What ultimately convinced me was the John/Joan case where a young boy, born with ambiguous genitalia was turned into a girl as an infant. The results were horrendous.
I also read this very interesting book about a woman who spent a year posing as a man. It was quite informative on every aspect of this. Ultimately she started becoming psychologically disturbed as a result.
I can usually tell when a commenter is male or female.
However there are several female writers who it seems to me write in a male voice, if you will, and they are some of my favorite writers, Orianna Fallaci, Camile Paglia, and to prove it isn't an Italian thing, Ayn Rand, and little known Celia Green.
I'm male by the way in case any of you were wondering...
Re: How Did I Know From Her Prose that Deirdre McCloskey Used to Be a Man?
Lady Kurobara: Fiction writers can easily disguise their gender simply by adopting the writing style appropriate to a given genre. Using pseudonyms, men successfully write romances and women successfully write westerns and mysteries. My own style is extremely feminine, but, in a pinch, I can shift into "hardboiled" and completely erase the feminine quality.
Writing non-fiction is a different kettle of fish, though. There is no "genre mask" to hide behind. So a writer's gender is far more likely to assert itself in the prose. · Dec 15 at 6:22am
Game for you, Lady K. Want to change your user name and profile to something masculine and see how long it takes for us to figure out you're actually a chick? If ever?
Actually, that's probably a bad idea. I suspect new members who are really men would take poorly to having everyone guess that they're Lady K. in disguise.
Never mind.
May '10
Re: How Did I Know From Her Prose that Deirdre McCloskey Used to Be a Man?

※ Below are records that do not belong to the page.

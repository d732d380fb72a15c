-- ===== src/Controller/Budget/Dispatch.antt =====
-- The count of consecutive failures over a whole reconciliation.
use artifact_controller.Prelude.{
  String, true, false, ◌≡◌, ◌⊎◌, inl, inr, refl, subst, ◌∙◌, arith, none, some, is_none,
  if◌then◌else◌,
}
use artifact_controller.Prelude.Int.{ℤ, pos, ◌<ℤ◌, ◌≤ℤ◌, leb_ℤ, inc32, inc32_lem, Fits32, ◌+ℤ◌}
use artifact_controller.Toolkit.{Toolkit, Input}
use artifact_controller.Api.Artifact.{ArtifactStatus, observe_only}
use artifact_controller.Api.Conditions.{State}
use artifact_controller.Api.ArtifactClass.{ArtifactClass, effective_backoff}
use artifact_controller.Store.{Observation}
use artifact_controller.Controller.Session.{Cluster, Session}
use artifact_controller.Controller.Missing.{reconcile_missing_observed}
use artifact_controller.Controller.Existing.{
  reconcile_existing, accept_existing, key_conflict, become_ready, record_drift, verified_status,
}
use artifact_controller.Controller.Reconcile.{dispatch}
use artifact_controller.Controller.Budget.Failures.{failures, Spent, reconcile_missing-failures}

below_max : (a m : ℤ) → Fits32 m → a <ℤ m → a <ℤ pos 2147483647
below_max a m h l = ground (arith, h, l)

succ-le : (a m : ℤ) → a <ℤ m → (a +ℤ pos 1) ≤ℤ m
unfolding ◌+ℤ◌
succ-le a m l = ground (arith, l)

module _ {k : Toolkit} (c : Cluster) where
  record_drift-obj :
      (class : ArtifactClass) (key was is : String) (s : Session k)
      → (failures (record_drift k c class key was is s) ≡ failures s)
        × ((record_drift k c class key was is s).obj.status.generator_ref
            ≡ s.obj.status.generator_ref)
  unfolding record_drift
  record_drift-obj class key was is s = ground arith

  -- The count is as it was, or 0, or the failure of the run in flight is on it.
  abbrev Moves : ArtifactClass → ℤ → ArtifactStatus → Session k → Type 0
  Moves class now st r =
      (failures r ≡ st.failed_attempts) ⊎ (failures r ≡ pos 0) ⊎ Spent c class now st r

  accept_existing-failures :
      (class : ArtifactClass) (obs : Observation) (in_ : Input) (now : ℤ) (s : Session k)
      → Moves class now s.obj.status (accept_existing k c class obs in_ now s).0
  unfolding accept_existing become_ready verified_status
  accept_existing-failures class obs in_ now s =
      grind (arith, record_drift-obj, reconcile_missing-failures)

  key_conflict-failures :
      (in_ : Input) (stamp : String) (s : Session k)
      → failures (key_conflict k c in_ stamp s).0 ≡ failures s
  unfolding key_conflict
  key_conflict-failures in_ stamp s = refl

  missing_observed-failures :
      (in_ : Input) (s : Session k) → failures (reconcile_missing_observed k c in_ s).0 ≡ pos 0
  unfolding reconcile_missing_observed
  missing_observed-failures in_ s = ground arith

  -- The count goes back to 0, which takes the object, or the policy Observe.
  pub record Reset (obs : Observation) (s r : Session k) : Type 0 where
    pub cause : (obs.exists ≡ true) ⊎ (observe_only s.obj ≡ true)
    pub zeroed : failures r ≡ pos 0

  dispatch-Moves :
      (class : ArtifactClass) (in_ : Input) (now : ℤ) (obs : Observation) (s : Session k)
      → let r = (dispatch k c class in_ now obs s).0 in
        (failures r ≡ failures s) ⊎ Reset obs s r ⊎ Spent c class now s.obj.status r
  unfolding dispatch reconcile_existing
  dispatch-Moves class in_ now obs s = grind (
    arith,
    key_conflict-failures,
    accept_existing-failures class obs in_ now s,
    missing_observed-failures in_ s,
    reconcile_missing-failures c class in_ now s,
  )

  -- A failed attempt: the run that was in flight is forgotten, the count stays within the budget
  -- and grows by one, the failure is dated, and the Artifact is degraded where the budget is used
  -- up and goes on generating otherwise.
  pub record Charged (class : ArtifactClass) (now : ℤ) (s r : Session k) : Type 0 where
    pub in_flight : is_none s.obj.status.generator_ref ≡ false
    pub counted : failures r ≡ failures s +ℤ pos 1
    pub bounded : failures r ≤ℤ (effective_backoff class).max_attempts
    pub dated : r.obj.status.last_failure_time ≡ some now
    pub forgotten : r.obj.status.generator_ref ≡ none
    pub parked : r.obj.status.state ≡ (
        if leb_ℤ (effective_backoff class).max_attempts (failures s +ℤ pos 1)
        then State.degraded
        else State.generating)

  charge :
      (class : ArtifactClass) (now : ℤ) (s r : Session k)
      → Fits32 (failures s)
      → Fits32 (effective_backoff class).max_attempts
      → Spent c class now s.obj.status r
      → Charged class now s r
  charge class now s r h m p =
      let l = below_max (failures s) (effective_backoff class).max_attempts m p.within in
      let e : inc32 (failures s) ≡ failures s +ℤ pos 1 = inc32_lem (failures s) h l in
      record {
        in_flight = p.in_flight;
        counted = p.recorded.counted ∙ e;
        bounded =
            rw (p.recorded.counted, e)
              (succ-le (failures s) (effective_backoff class).max_attempts p.within);
        dated = p.recorded.dated;
        forgotten = p.recorded.forgotten;
        parked =
            subst
              (λ n. r.obj.status.state ≡ (
                if leb_ℤ (effective_backoff class).max_attempts n
                then State.degraded
                else State.generating))
              e p.recorded.parked;
      }

  -- A reconciliation that has the store's answer leaves the count of consecutive failures as it
  -- is, sets it to 0 where the object is there or the Artifact is observe-only, or charges one
  -- failed attempt to the budget; with int32 counters it does not overflow.
  pub dispatch-Charged :
      (class : ArtifactClass) (in_ : Input) (now : ℤ) (obs : Observation) (s : Session k)
      → Fits32 (failures s)
      → Fits32 (effective_backoff class).max_attempts
      → let r = (dispatch k c class in_ now obs s).0 in
        (failures r ≡ failures s) ⊎ Reset obs s r ⊎ Charged class now s r
  dispatch-Charged class in_ now obs s h m = elim (dispatch-Moves class in_ now obs s) [
    | inl e ↦ inl e
    | inr (inl e) ↦ inr (inl e)
    | inr (inr p) ↦ inr (inr (charge class now s (dispatch k c class in_ now obs s).0 h m p))
  ]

I had no idea that the mystery genre was a male preserve, milady. Seems like women defined it. Requires intricate planning and plotting, but that's a sweeping generalization too far.
Perhaps you mean the action/thriller, um, stuff. [edited to not anger authors of action/thriller, um, stuff]
Sep '10
Re: How Did I Know From Her Prose that Deirdre McCloskey Used to Be a Man?
In Camille Paglia's awesome work, Sexual Personae, in the first 100 pages she lays out the whole thing for us. Women she posits are complete as they are. They need not seek out. The world effectively revolves around them. I won't try to boil this down in 200 words, but it opened my eyes, big time.